On November 9th, 1983 in Washington
DC a press conference was held
discussing objects which were
seen in infrared but had no recorded visible
counterpart. On December 30,
1983 the Washington Post published an
article based on this press
conference. This was not especially a
newsworthy item and it was 7
weeks before the article was printed.
Washington Post article December 30, 1983
Bill Owen analysis of the Washington Post article
This article is used as the main
piece of "evidence" of Planet-X
Although the author clearly
sensationalized a bit, the specifics of
the article are clear.
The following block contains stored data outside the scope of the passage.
-- ===== src/Connection/Tests.antt =====
-- lib/connection.c on a connection with one pending call.
use libvarlink.Prelude.{
  ℕ, ◌≡◌, refl, List, [], ◌∷◌, append-nil, true, false, none, some, Result, ok, take,
}
use libvarlink.Prelude.Int.{ℤ}
use libvarlink.Error.{VarlinkError}
use libvarlink.Object.{VarlinkObject}
use libvarlink.Stream.{varlink_stream_new, ReadAnswer, got, WriteAnswer}
use libvarlink.Message.{Reply, varlink_message_pack_reply}
use libvarlink.Connection.{
  Connection, FuncRun, varlink_connection_call, varlink_connection_process_events,
}
use libvarlink.Connection.Calls.{call-pending}
use libvarlink.Connection.Replies.{InOrder, process_events-InOrder}

-- Every message is an empty reply, and a callback leaves the connection as it is.
abbrev empty_reply : List ℕ → Result VarlinkError (VarlinkObject ℤ)
empty_reply m = varlink_message_pack_reply none none 0

abbrev keep : ℕ → Reply ℤ → Connection ℕ → FuncRun ℕ
keep func reply c = record { connection = c; result = ok tt }

-- Every object has the same text.
abbrev two_bytes : VarlinkObject ℤ → Result VarlinkError (List ℕ)
two_bytes o = ok (b'{' ∷ b'}' ∷ [])

abbrev waiting : Connection ℕ
waiting = record {
  stream = some varlink_stream_new;
  epollin = true;
  epollout = false;
  pending = record { call_flags = 0; func = 7 } ∷ [];
}

-- A second call, with the peer gone.
call-pending_example :
    (varlink_connection_call two_bytes waiting
      (b'a' ∷ [])
      none
      1
      8
      (WriteAnswer.epipe ∷ [])).connection.pending
    ≡ record { call_flags = 0; func = 7 } ∷ record { call_flags = 1; func = 8 } ∷ []
call-pending_example =
    call-pending two_bytes waiting varlink_stream_new (b'a' ∷ []) none 1 8 (WriteAnswer.epipe ∷ [])
      refl refl

-- A message arrives, and then nothing more.
abbrev reads : List (List ReadAnswer)
reads = (got (λ n. take n (b'{' ∷ b'}' ∷ 0 ∷ [])) ∷ []) ∷ (ReadAnswer.eagain ∷ []) ∷ []

process_events-InOrder_example :
    InOrder waiting.pending
      (varlink_connection_process_events empty_reply keep waiting false [] reads)
process_events-InOrder_example =
    process_events-InOrder empty_reply keep (λ func reply c. ([], append-nil c.pending)) waiting
      false [] reads
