-- ===== src/Scanner.antt =====
-- lib/scanner.c, lib/scanner.h: the tokenizer of interface descriptions and of JSON.
--
-- A string is the list of its bytes, without the final NUL; `scanner->p[i]` past the end reads 0.
-- The pointers `p`, `pline` and `last_comment_start` are offsets into the string. A function that
-- works on a `Scanner *` returns the new scanner with its result.
pub mod Names
pub mod Strings
pub mod Docs
mod Tests
use Prim.Native.Nat.{Ordering}
use libvarlink.Prelude.{
  ℕ, zero, suc, ◌+◌, ◌-◌, ◌≡◌, Bool, true, false, not, ◌&&◌, ◌||◌, List, [], ◌∷◌, Option, none,
  some, Result, ok, err, ltb, leb, ◌==◌, if◌then◌else◌, length, get_or, drop, take,
}
use libvarlink.Error.{VarlinkError, invalid_identifier}

-- SCANNER_ERROR_*
pub data ScannerError : Type 0 where
  panic interface_keyword_expected keyword_expected duplicate_field_name : ScannerError
  interface_name_invalid object_expected duplicate_member_name member_name_invalid : ScannerError
  unknown_type field_name_invalid type_name_invalid invalid_character : ScannerError
  operator_expected type_expected json_expected : ScannerError

-- `error` of the struct, with `no` in place of 0 as `none`.
pub record ErrorAt : Type 0 where
  pub no : ScannerError
  pub line_nr : ℕ
  pub pos_nr : ℕ

pub record Scanner : Type 0 where
  pub string : List ℕ
  pub p : ℕ
  pub pline : ℕ
  pub line_nr : ℕ
  pub comments : Bool
  pub last_comment_start : Option ℕ
  pub error : Option ErrorAt

-- What the pointer `p` points to.
abbrev pub text : Scanner → List ℕ
text s = drop s.p s.string

-- `scanner->p[i]`
abbrev pub char_at : Scanner → ℕ → ℕ
char_at s i = get_or (text s) i 0

-- Only the first error is kept.
unfoldable pub scanner_error : Scanner → ScannerError → Scanner
scanner_error s e = elim s.error [
  | none ↦ record s {
    error = some (record { no = e; line_nr = s.line_nr; pos_nr = 1 + s.p - s.pline });
  }
  | some _ ↦ s
]

unfoldable pub scanner_new : List ℕ → Bool → Scanner
scanner_new string comments = record {
  string = string;
  p = 0;
  pline = 0;
  line_nr = 1;
  comments = comments;
  last_comment_start = none;
  error = none;
}

abbrev pub within : ℕ → ℕ → ℕ → Bool
within lo hi c = leb lo c && leb c hi

abbrev pub is_alpha : ℕ → Bool
is_alpha c = within b'a' b'z' c || within b'A' b'Z' c

abbrev pub is_alnum : ℕ → Bool
is_alnum c = is_alpha c || within b'0' b'9' c

abbrev pub is_word : ℕ → Bool
is_word c = is_alnum c || c == b'_' || c == b'-' || c == b'.'

-- One round of `scanner_advance` at the byte `c`: where to go on, or `none` to stop. The flag says
-- that `strchrnul` is on its way to the end of a comment.
unfoldable pub advance_step : Bool → ℕ → Scanner → Option (Bool × Scanner)
advance_step in_comment c s =
    if c == b'\n'
    then some (
      false,
      record s {
        last_comment_start = if s.pline == s.p then none else s.last_comment_start;
        p = s.p + 1;
        pline = s.p + 1;
        line_nr = s.line_nr + 1;
      },
    )
    else if in_comment
    then some (true, record s { p = s.p + 1 })
    else if c == b' ' || c == b'\t'
    then some (false, record s { p = s.p + 1 })
    else if c == b'#' && s.comments
    then some (
      true,
      record s {
        last_comment_start = elim s.last_comment_start [ none ↦ some s.p | some q ↦ some q ];
        p = s.p + 1;
      },
    )
    else none

-- The loop of `scanner_advance`, over what stands at `p`.
unfoldable pub advance_over : Bool → List ℕ → Scanner → Scanner
advance_over in_comment [] s = s
advance_over in_comment (c ∷ cs) s = elim (advance_step in_comment c s) [
  | none ↦ s
  | some (m, t) ↦ advance_over m cs t
]

unfoldable pub scanner_advance : Scanner → Scanner
scanner_advance s = advance_over false (text s) s

unfoldable pub scanner_peek : Scanner → Scanner × ℕ
scanner_peek s = let t = scanner_advance s in (t, char_at t 0)

-- The length of the run of word characters.
unfoldable pub word_run : List ℕ → ℕ
word_run [] = 0
word_run (c ∷ cs) = if is_word c then suc (word_run cs) else 0

abbrev pub word_at : List ℕ → ℕ
word_at [] = 0
word_at (c ∷ cs) = if is_alpha c then suc (word_run cs) else 0

unfoldable pub scanner_word_len : Scanner → Scanner × ℕ
scanner_word_len s = let t = scanner_advance s in (t, word_at (text t))

-- `strncmp (text, op, strlen (op)) == 0`
unfoldable pub starts_with : List ℕ → List ℕ → Bool
starts_with cs [] = true
starts_with [] (d ∷ ds) = false
starts_with (c ∷ cs) (d ∷ ds) = c == d && starts_with cs ds

abbrev pub advance_by : Scanner → ℕ → Scanner
advance_by s n = record s { p = s.p + n }

unfoldable pub scanner_read_keyword : Scanner → List ℕ → Scanner × Bool
scanner_read_keyword s keyword =
    let (t, word_len) = scanner_word_len s in
    if not (word_len == length keyword)
    then (t, false)
    else if not (starts_with (text t) keyword)
    then (t, false)
    else (advance_by t word_len, true)

unfoldable pub scanner_expect_operator : Scanner → List ℕ → Scanner × Result VarlinkError (Unit {0})
scanner_expect_operator s op =
    let t = scanner_advance s in
    if not (starts_with (text t) op)
    then (scanner_error t operator_expected, err invalid_identifier)
    else (advance_by t (length op), ok tt)
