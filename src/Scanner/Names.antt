-- ===== src/Scanner/Names.antt =====
-- lib/scanner.c: the names of interfaces, fields, members and types.
use libvarlink.Prelude.{
  ℕ, ◌+◌, ◌-◌, Bool, true, false, not, ◌&&◌, ◌||◌, List, [], ◌∷◌, Option, none, some, Result, ok,
  err, ltb, ◌==◌, if◌then◌else◌, length, get_or, drop, take,
}
use libvarlink.Error.{VarlinkError, invalid_interface, invalid_type, invalid_identifier}
use libvarlink.Scanner.{
  Scanner, ScannerError, interface_name_invalid, field_name_invalid, member_name_invalid,
  type_name_invalid, text, char_at, scanner_error, within, is_alpha, is_alnum, scanner_word_len,
  advance_by,
}

-- The loop of `interface_name_valid` over the name: the number of sections, or `none` to refuse.
unfoldable pub count_sections : ℕ → ℕ → List ℕ → Option ℕ
count_sections previous sections [] = some sections
count_sections previous sections (c ∷ cs) =
    let rest = count_sections c (if c == b'.' then sections + 1 else sections) cs in
    if is_alnum c
    then rest
    else if c == b'-'
    then (if previous == b'.' then none else rest)
    else if c == b'.'
    then (if previous == b'.' || previous == b'-' then none else rest)
    else none

-- On the name's bytes: the `len` bytes at the pointer.
unfoldable pub interface_name_valid : List ℕ → Bool
interface_name_valid name =
    if ltb (length name) 3 || ltb 255 (length name) then false else elim (count_sections 0 1 name) [
      | none ↦ false
      | some sections ↦
          is_alpha (get_or name 0 0)
          && not (ltb sections 2)
          && is_alnum (get_or name (length name - 1) 0)
    ]

abbrev pub name_at : Scanner → ℕ → List ℕ
name_at s len = take len (text s)

-- `strndup (scanner->p, len)`, and past it.
abbrev accept : Scanner → ℕ → Scanner × Result VarlinkError (List ℕ)
accept s len = (advance_by s len, ok (name_at s len))

abbrev refuse : Scanner → ScannerError → VarlinkError → Scanner × Result VarlinkError (List ℕ)
refuse s number e = (scanner_error s number, err e)

unfoldable pub scanner_expect_interface_name : Scanner → Scanner × Result VarlinkError (List ℕ)
scanner_expect_interface_name s =
    let (t, len) = scanner_word_len s in
    if not (interface_name_valid (name_at t len))
    then refuse t interface_name_invalid invalid_interface
    else accept t len

-- The loop of `scanner_expect_field_name`, behind the byte `previous`.
unfoldable pub field_rest_valid : ℕ → List ℕ → Bool
field_rest_valid previous [] = true
field_rest_valid previous (c ∷ cs) =
    (is_alnum c || (c == b'_' && not (previous == b'_'))) && field_rest_valid c cs

unfoldable pub scanner_expect_field_name : Scanner → Scanner × Result VarlinkError (List ℕ)
scanner_expect_field_name s =
    let (t, len) = scanner_word_len s in
    if not (is_alpha (char_at t 0))
    then refuse t field_name_invalid invalid_type
    else if not (field_rest_valid (char_at t 0) (drop 1 (name_at t len)))
    then refuse t field_name_invalid invalid_type
    else if not (is_alnum (char_at t (len - 1)))
    then refuse t field_name_invalid invalid_type
    else accept t len

unfoldable pub all_alnum : List ℕ → Bool
all_alnum [] = true
all_alnum (c ∷ cs) = is_alnum c && all_alnum cs

-- `*member` is read also where `len` is 0: there it is no letter, since the word would have one.
unfoldable pub member_name_valid : List ℕ → ℕ → Bool
member_name_valid member len =
    within b'A' b'Z' (get_or member 0 0) && all_alnum (drop 1 (take len member))

unfoldable pub scanner_expect_member_name : Scanner → Scanner × Result VarlinkError (List ℕ)
scanner_expect_member_name s =
    let (t, len) = scanner_word_len s in
    if not (member_name_valid (text t) len)
    then refuse t member_name_invalid invalid_identifier
    else accept t len

-- Where the loop of `scanner_expect_type_name` stops: at no upper-case letter, at one that does not
-- follow a dot, or at the first letter of the member.
pub data MemberStart : Type 0 where
  no_capital : MemberStart
  no_dot : MemberStart
  member_at : ℕ → MemberStart

-- For `i = 0` the byte in front of the word is read; it is no part of the word, and what is found
-- there is refused by `interface_name_valid` in any case, so it counts as no dot.
unfoldable pub find_member : ℕ → ℕ → List ℕ → MemberStart
find_member i previous [] = no_capital
find_member i previous (c ∷ cs) =
    let rest = find_member (i + 1) c cs in
    if within b'A' b'Z' c then (if previous == b'.' then member_at i else no_dot) else rest

unfoldable pub scanner_expect_type_name : Scanner → Scanner × Result VarlinkError (List ℕ)
scanner_expect_type_name s =
    let (t, len) = scanner_word_len s in
    if member_name_valid (text t) len
    then accept t len
    else if ltb len 3
    then refuse t type_name_invalid invalid_identifier
    else elim (find_member 0 0 (name_at t len)) [
      | no_capital ↦ refuse t type_name_invalid invalid_identifier
      | no_dot ↦ refuse t type_name_invalid invalid_identifier
      | member_at i ↦
          if not (interface_name_valid (name_at t (i - 1)))
          then refuse t type_name_invalid invalid_identifier
          else if not (member_name_valid (drop i (text t)) (len - i))
          then refuse t type_name_invalid invalid_identifier
          else accept t len
    ]
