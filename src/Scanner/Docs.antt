-- ===== src/Scanner/Docs.antt =====
-- lib/scanner.c: the comment in front of a field or a member.
use libvarlink.Prelude.{ℕ, List, [], ◌∷◌, ◌++◌, ◌||◌, Option, none, some, ◌==◌, if◌then◌else◌, drop}
use libvarlink.Scanner.{Scanner, scanner_advance}

-- Where the loop of `scanner_get_last_docstring` stands: in front of a line, behind the `#`, in the
-- text of a comment, or behind the comments.
pub data DocPlace : Type 0 where
  line_start behind_hash in_comment finished : DocPlace

-- A byte that the loop passes: where it stands then, and what it writes.
unfoldable pub doc_step : DocPlace → ℕ → DocPlace × List ℕ
doc_step finished c = (finished, [])
doc_step line_start c =
    if c == b'#'
    then (behind_hash, [])
    else if c == b' ' || c == b'\t'
    then (line_start, [])
    else (finished, [])
doc_step behind_hash c =
    if c == b' '
    then (in_comment, [])
    else if c == b'\n'
    then (line_start, c ∷ [])
    else (in_comment, c ∷ [])
doc_step in_comment c = if c == b'\n' then (line_start, c ∷ []) else (in_comment, c ∷ [])

abbrev pub prepend : List ℕ → Option (List ℕ) → Option (List ℕ)
prepend out none = none
prepend out (some rest) = some (out ++ rest)

-- The docstring, or `none` where a comment goes to the end of the text: there `p += 1` steps over
-- the final NUL, and the loop reads on behind it.
unfoldable pub docstring_from : DocPlace → List ℕ → Option (List ℕ)
docstring_from line_start [] = some []
docstring_from finished [] = some []
docstring_from behind_hash [] = none
docstring_from in_comment [] = none
docstring_from place (c ∷ cs) =
    let (next, out) = doc_step place c in prepend out (docstring_from next cs)

-- What a call returns: no docstring, one, or that it reads behind the text.
pub data Docstring : Type 0 where
  no_docstring : Docstring
  docstring : List ℕ → Docstring
  out_of_bounds : Docstring

abbrev pub found_docstring : Option (List ℕ) → Docstring
found_docstring none = out_of_bounds
found_docstring (some d) = docstring d

abbrev pub docstring_at : Scanner → Option ℕ → Scanner × Docstring
docstring_at s none = (s, no_docstring)
docstring_at s (some start) = (
  record s { last_comment_start = none },
  found_docstring (docstring_from line_start (drop start s.string)),
)

unfoldable pub scanner_get_last_docstring : Scanner → Scanner × Docstring
scanner_get_last_docstring s = let t = scanner_advance s in docstring_at t t.last_comment_start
Every
Planet X book and website proclaims
"they spotted it in 1983!"
Other than the attention grabbing
headline and the exciting lead
paragraph, the facts of
the article are fairly routine.
The article tells us something
was found that could be "a planet,
a giant comet, a nearby "protostar"
that never got hot enough to
become a star, a distant galaxy
so young that it is still in the
process of forming its first
stars or a galaxy so shrouded in dust
that none of the light cast
by its stars ever gets through."
"All I can tell you is that we
don't know what it is," Dr. Gerry
Neugebauer, IRAS chief scientist
for California's Jet Propulsion
Laboratory and director of the
Palomar Observatory for the
California Institute of Technology,
said in an interview.
<later in article>
"I believe it's one of these
dark, young galaxies that we have
never been able to observe before,"
Neugebauer said.
Not very concrete evidence of
a mystery planet, just a scientific
mystery that astronomers couldn't
identify at the time. Mark
Hazlewood in his book Blindsided
even
thanked Neugebauer for
coming forward saying:
"he publicly spoke to 6 daily newspapers
informing everyone they had
found the 10th planet, the last day
in 1983." This is definitely
not what Neugebauer said, but is normal
for the badly pieced together
book Blindsided. Hazlewood did not
even know the date of the press
conference and as Zetatalk had an
incorrect date for the article
(12/31/83), Hazlewood was sure to
make the same mistake.
Others talk about the conspiracy
to cover-up IRAS. What
cover-up you ask? 18 years of
silence after the 1983 announcement
of course! They actually consider
no follow-up story as a cover-up.
What is really zany is that the
article states that the object IRAS
spotted was extremely cold,
"no more than 40 degrees above
"absolute" zero". The proposed
Zeta planet is supposed to be a
brown dwarf, definitely not
a cold object.
Also the object IRAS spotted
did not move in the 6 months
between images. The Zeta planet
is a moving object as illustrated
by a map on the Zeta web site.
IRAS would have easily detected
this much movement over a 6
month period.
Zany Zeta logic, IRAS spotted
something unknown, extremely
cold and not moving that could
be a planet, and this is proof of
the Zeta hot, moving planet/brown
dwarf.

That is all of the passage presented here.